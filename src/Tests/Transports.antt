-- ===== src/Tests/Transports.antt =====
-- The theorems on datagrams, on the halves of a stream and on serial lines, at concrete traffic
-- (src/transport).
use rust_modbus.Prelude.{
  ℕ, ◌+◌, ◌*◌, ◌≤◌, ◌<◌, bit_and, ◌≡◌, refl, not, List, [], ◌∷◌, map, arith, ◌==◌, length, All, ok,
  err,
}
use rust_modbus.Error.{Result, malformed}
use rust_modbus.Parse.Reference.{reference, reference-IsWinnow}
use rust_modbus.Frame.Framing.{encode_request}
use rust_modbus.Frame.Tcp
use rust_modbus.Frame.Tcp.Header.{MbapHeader}
use rust_modbus.Frame.Tcp.{tcp, tcp-IsFraming}
use rust_modbus.Frame.Pdu.Request.{RequestPdu}
use rust_modbus.Frame.Pdu.Request.Write.{encode}
use rust_modbus.Transport.Reader.Fill.{Read, chunk}
use rust_modbus.Transport.Udp.{
  UdpTransportReader, UdpTransportWriter, new_udp, split, send_request, recv_request,
}
use rust_modbus.Transport.Udp.Datagrams.{
  recv_requests, alone, Fits, recv_requests-alone, send_request-received,
}
use rust_modbus.Transport.Stream.{new_transport}
use rust_modbus.Transport.Stream.Halves
use rust_modbus.Transport.Stream.Halves.{
  Use, sends_request, receives_request, uses_halves, uses_whole, taken_apart, uses_halves-split,
}
use rust_modbus.Transport.Serial.{SerialConfig, default, Rs485Config, high, inter_frame_interval}
use rust_modbus.Transport.Serial.Interval.{character, inter_frame_interval-exact}
use rust_modbus.Transport.Serial.Rs485.{KernelRs485, build, build-ok}

abbrev mask_pdu : RequestPdu
mask_pdu = RequestPdu.mask_write_register 4 242 37

abbrev header : MbapHeader
header = record { transaction_id = 5; unit_id = 17 }

abbrev mask_adu : List ℕ
mask_adu = 0 ∷ 5 ∷ 0 ∷ 0 ∷ 0 ∷ 8 ∷ 17 ∷ 22 ∷ 0 ∷ 4 ∷ 0 ∷ 242 ∷ 0 ∷ 37 ∷ []

mask_encode : encode_request (tcp reference) header mask_pdu ≡ ok mask_adu
unfolding encode_request Tcp.encode_request_into encode rust_modbus.Frame.Pdu.Encode.sized
mask_encode = refl

abbrev reader : UdpTransportReader
reader = (split (new_udp (tcp reference))).0

reader_size : length reader.incoming ≡ 260
unfolding split new_udp rust_modbus.Transport.Udp.zeros
reader_size = refl

-- A datagram that no decoder takes, a failure of the socket, and a request.
abbrev datagrams : List (Result (List ℕ))
datagrams = ok (1 ∷ 2 ∷ []) ∷ err malformed ∷ ok mask_adu ∷ []

datagrams-Fit : All (Fits (tcp reference) (length reader.incoming)) datagrams
unfolding Fits
datagrams-Fit = rw reader_size (omega arith, (tt, (omega arith, tt)))

recv_requests-alone_example :
    recv_requests (tcp reference) datagrams reader ≡ map (alone (tcp reference)) datagrams
recv_requests-alone_example = recv_requests-alone (tcp reference) datagrams reader datagrams-Fit

abbrev writer : UdpTransportWriter
writer = record { outgoing = [] }

send_request-received_example :
    (send_request (tcp reference) header mask_pdu (ok tt) writer
      ≡ (ok tt, record { outgoing = [] }, mask_adu ∷ []))
    × (length mask_adu ≤ 260)
    × ((recv_request (tcp reference) (ok mask_adu) reader).0 ≡ ok (header, mask_pdu))
send_request-received_example =
    send_request-received (tcp reference) header mask_pdu mask_adu writer reader
      (tcp-IsFraming reference reference-IsWinnow) (omega arith) (omega arith) mask_encode
      reader_size

-- A request sent while another is received, in two reads.
abbrev uses : List (Use (tcp reference))
uses = sends_request header mask_pdu (ok tt) ∷ receives_request ∷ []

abbrev reads : List Read
reads = chunk (0 ∷ 5 ∷ 0 ∷ []) ∷ chunk (0 ∷ 0 ∷ 8 ∷ 17 ∷ 22 ∷ 0 ∷ 4 ∷ 0 ∷ 242 ∷ 0 ∷ 37 ∷ []) ∷ []

uses_halves-split_example :
    uses_halves (tcp reference) uses (Halves.split new_transport) reads
    ≡ taken_apart (uses_whole (tcp reference) uses new_transport reads)
uses_halves-split_example = uses_halves-split (tcp reference) uses new_transport reads

abbrev slow_line : SerialConfig
slow_line = record default { baud_rate = 9600 }

inter_frame_interval-exact_example :
    (nanos : ℕ) × (inter_frame_interval slow_line ≡ ok nanos)
    × (nanos * (9600 * 2) ≤ length (character slow_line) * 7000000000)
    × (length (character slow_line) * 7000000000 < (nanos + 1) * (9600 * 2))
inter_frame_interval-exact_example =
    inter_frame_interval-exact slow_line (omega arith) (omega arith)

abbrev direction_config : Rs485Config
direction_config = record {
  rts_on_send = high;
  delay_before_send = 1500000;
  delay_after_send = 2000000;
}

abbrev kernel : KernelRs485
kernel = record {
  flags = 3;
  delay_rts_before_send = 1;
  delay_rts_after_send = 2;
  padding = 0 ∷ 0 ∷ 0 ∷ 0 ∷ 0 ∷ [];
}

kernel_built : build direction_config ≡ ok kernel
unfolding build
kernel_built = refl

build-ok_example :
    (1 * 1000000 ≤ 1500000)
    × (1500000 < (1 + 1) * 1000000)
    × (2 * 1000000 ≤ 2000000)
    × (2000000 < (2 + 1) * 1000000)
    × (1 < 4294967296)
    × (2 < 4294967296)
    × (bit_and 3 1 ≡ 1)
    × ((bit_and 3 2 == 0) ≡ not (bit_and 3 4 == 0))
build-ok_example = build-ok direction_config kernel kernel_built
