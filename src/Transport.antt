-- ===== src/Transport.antt =====
-- The transports (src/transport).
pub mod Reader
pub mod Stream
pub mod Serial
pub mod Udp
pub mod Tcp
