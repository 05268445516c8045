-- ===== src/Transport/Serial/Open.antt =====
-- Opening a serial port (src/transport/rtu.rs). What the serial backend and the kernel do are
-- arguments.
use rust_modbus.Prelude.{
  ℕ, ◌≡◌, refl, sym, ap, inl, inr, true, Option, none, some, List, [], ◌∷◌, arith, ◌==◌, ok, err,
  stuck, Outcome-cases, Option-cases,
}
use rust_modbus.Error.{Error, Result, io, configuration, ◌>>=◌}
use rust_modbus.Transport.Stream.{FrameTransport, new_transport}
use rust_modbus.Transport.Serial.{
  Rs485Config, SerialConfig, TransportConfig, from_serial, inter_frame_interval,
}

-- The kinds of failure that the backend tells.
pub data BackendErrorKind : Type 0 where
  no_device invalid_input unknown : BackendErrorKind
  of_io : (kind : ℕ) → BackendErrorKind

-- The numbers that stand for `ErrorKind::NotFound`, `InvalidInput` and `Other`.
abbrev pub not_found_kind : ℕ
not_found_kind = 1

abbrev pub invalid_input_kind : ℕ
invalid_input_kind = 2

abbrev pub other_kind : ℕ
other_kind = 3

unfoldable pub convert : BackendErrorKind → Error
convert no_device = io not_found_kind none
convert invalid_input = io invalid_input_kind none
convert (of_io kind) = io kind none
convert unknown = io other_kind none

-- What is done to the port, in order.
pub data Action : Type 0 where
  opened : SerialConfig → Action
  direction_control : Rs485Config → Action

-- An open port with the transport over it.
pub record SerialTransport : Type 0 where
  pub config : TransportConfig
  pub transport : FrameTransport

-- The end of `open_serial`, once the port is open.
unfoldable pub applied :
    TransportConfig
    → Option Rs485Config
    → (Rs485Config → Result (Unit {0}))
    → Result SerialTransport × List Action
applied config none apply = (ok (record { config = config; transport = new_transport }), [])
applied config (some rs485) apply =
    let result : Result SerialTransport =
      apply rs485 >>= (λ done. ok (record { config = config; transport = new_transport })) in
    (result, direction_control rs485 ∷ [])

unfoldable pub opening :
    SerialConfig
    → Result TransportConfig
    → (SerialConfig → Option BackendErrorKind)
    → (Rs485Config → Result (Unit {0}))
    → Result SerialTransport × List Action
unfolding applied
opening config (err error) open_port apply = (err error, [])
opening config stuck open_port apply = (stuck, [])
opening config (ok transport) open_port apply = elim (open_port config) [
  | some kind ↦ (err (convert kind), opened config ∷ [])
  | none ↦
      let (result, actions) = applied transport config.rs485 apply in
      (result, opened config ∷ actions)
]

unfoldable pub open_serial :
    (SerialConfig → Option BackendErrorKind)
    → (Rs485Config → Result (Unit {0}))
    → SerialConfig
    → Result SerialTransport × List Action
unfolding opening from_serial
open_serial open_port apply config = opening config (from_serial config) open_port apply

-- The direction control that a configuration asks for.
abbrev pub wanted : Option Rs485Config → List Action
wanted none = []
wanted (some rs485) = direction_control rs485 ∷ []

-- The direction control that a configuration asks for succeeds, if it asks for any.
abbrev pub IsApplied : (Rs485Config → Result (Unit {0})) → Option Rs485Config → Type 0
IsApplied apply none = Unit {0}
IsApplied apply (some rs485) = apply rs485 ≡ ok tt

applied-ok :
    (config : TransportConfig) (rs485 : Option Rs485Config)
    (apply : Rs485Config → Result (Unit {0})) (port : SerialTransport)
    → (applied config rs485 apply).0 ≡ ok port
    → IsApplied apply rs485
      × (port ≡ record { config = config; transport = new_transport })
      × ((applied config rs485 apply).1 ≡ wanted rs485)
unfolding applied
applied-ok config none apply port h = (tt, cc, refl)
applied-ok config (some rs485) apply port h = elim (Outcome-cases (apply rs485)) [
  | inl (tt, e) ↦ (e, ground arith, refl)
  | inr (inl (x, e)) ↦ absurd (ground arith)
  | inr (inr e) ↦ absurd (ground arith)
]

opening-ok :
    (config : SerialConfig) (open_port : SerialConfig → Option BackendErrorKind)
    (apply : Rs485Config → Result (Unit {0})) (port : SerialTransport)
    (derived : Result TransportConfig)
    → (opening config derived open_port apply).0 ≡ ok port
    → (derived ≡ ok port.config)
      × (open_port config ≡ none)
      × IsApplied apply config.rs485
      × (port.transport ≡ new_transport)
      × ((opening config derived open_port apply).1 ≡ opened config ∷ wanted config.rs485)
unfolding opening
opening-ok config open_port apply port (err error) h = cc
opening-ok config open_port apply port stuck h = cc
opening-ok config open_port apply port (ok transport) h = elim (Option-cases (open_port config)) [
  | inl e ↦
      let (done, same, actions) =
        applied-ok transport config.rs485 apply port (rw (e, opening) at h) in
      (
        ap (λ (p : SerialTransport). ok p.config) (sym same),
        e,
        done,
        ap (λ (p : SerialTransport). p.transport) same,
        rw (e, opening) (rw actions refl),
      )
  | inr (kind, e) ↦ absurd (ground arith)
]

-- A serial port that `open_serial` returns has the interval that its configuration implies and is
-- fresh; the port was opened, and after that, if the configuration asks for direction control,
-- the control was applied and succeeded.
pub open_serial-ok :
    (open_port : SerialConfig → Option BackendErrorKind) (apply : Rs485Config → Result (Unit {0}))
    (config : SerialConfig) (port : SerialTransport)
    → (open_serial open_port apply config).0 ≡ ok port
    → (from_serial config ≡ ok port.config)
      × (open_port config ≡ none)
      × IsApplied apply config.rs485
      × (port.transport ≡ new_transport)
      × ((open_serial open_port apply config).1 ≡ opened config ∷ wanted config.rs485)
unfolding open_serial
open_serial-ok open_port apply config port h =
    opening-ok config open_port apply port (from_serial config) h

-- At a baud rate of zero nothing is done to the port, whatever the rest of the configuration.
pub open_serial-zero_baud :
    (open_port : SerialConfig → Option BackendErrorKind) (apply : Rs485Config → Result (Unit {0}))
    (config : SerialConfig)
    → config.baud_rate ≡ 0
    → open_serial open_port apply config ≡ (err (configuration "baud_rate"), [])
unfolding open_serial from_serial inter_frame_interval
open_serial-zero_baud open_port apply config h =
    let is_zero : (config.baud_rate == 0) ≡ true = ground arith in rw is_zero refl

- **Task details**
Report only how many lines in the listing contain the string "UdpTransportWriter".

- **Result below**
2